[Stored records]
======
-- ===== src/Gpio/Locals.antt =====
-- The locals of `_gpio_lld_setportmode` from one round to the next.
use native.Mathlib.Nat.{pow-succ'}
use native.Mathlib.Numerals.{add-one}
use nfcee_fw.Base.{ℕ, suc, ◌+◌, ◌*◌, ◌/◌, ◌%◌, ◌^◌, ◌<◌, ◌≡◌, refl, ap, arith}
use nfcee_fw.Word.{u32}
use nfcee_fw.Gpio.{shl32, fields_of, next_fields}
use nfcee_fw.Gpio.BitFields.{field_value}
use nfcee_fw.Gpio.Mode.{Mode, mode_of, fields_at}

times_pow_next : (v s : ℕ) → v * 2 ^ suc s ≡ v * 2 ^ s * 2
times_pow_next v s = omega (arith, ap (λ (t : ℕ). v * t) (pow-succ' 2 s))

double_wrapped : (x y : ℕ) → y ≡ x * 2 → x % 2 ^ 32 * 2 ^ 1 % 2 ^ 32 ≡ y % 2 ^ 32
double_wrapped x y h = omega arith

shift_by_one : (v b : ℕ) → shl32 (shl32 v b) 1 ≡ shl32 v (b + 1)
shift_by_one v b = rw (add-one b) (double_wrapped (v * 2 ^ b) (v * 2 ^ suc b) (times_pow_next v b))

shift_by_two : (v b : ℕ) → shl32 (shl32 v (b * 2)) 2 ≡ shl32 v ((b + 1) * 2)
shift_by_two v b =
    let next : (b + 1) * 2 ≡ suc (suc (b * 2)) = omega arith in
    rw next (
      quadruple (v * 2 ^ (b * 2)) (v * 2 ^ suc (suc (b * 2)))
        (omega (arith, times_pow_next v (suc (b * 2)), times_pow_next v (b * 2))))
  where
    quadruple : (x y : ℕ) → y ≡ x * 4 → x % 2 ^ 32 * 2 ^ 2 % 2 ^ 32 ≡ y % 2 ^ 32
    quadruple x y h = omega arith

pub next_fields-at : (m : Mode) (b : ℕ) → b < 16 → next_fields (fields_at m b) ≡ fields_at m (b + 1)
unfolding next_fields
next_fields-at m b h =
    let number : u32 (b + 1) ≡ b + 1 = omega arith in
    rw
      (
        shift_by_two m.m_moder b,
        shift_by_one m.m_otyper b,
        shift_by_two m.m_ospeedr b,
        shift_by_two m.m_pupdr b,
        number,
      )
      refl

at_zero : (v : ℕ) → v < 16 → shl32 v 0 ≡ v
at_zero v h = omega arith

pub fields_of-at : (mode : ℕ) → fields_of mode ≡ fields_at (mode_of mode) 0
unfolding fields_of
fields_of-at mode =
    let lowest : mode / 2 ^ 0 % 2 ^ 2 ≡ mode % 4 = omega arith in
    rw
      (
        field_value 2 0 mode,
        field_value 1 2 mode,
        field_value 2 3 mode,
        field_value 2 5 mode,
        lowest,
        at_zero (mode % 4) (omega arith),
        at_zero (mode / 4 % 2) (omega arith),
        at_zero (mode / 8 % 4) (omega arith),
        at_zero (mode / 32 % 4) (omega arith),
      )
      refl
======
[How to complete this task]:
Determine the number of lines in the entries that hold "succ". Reply with that number only.

[Task output]:
2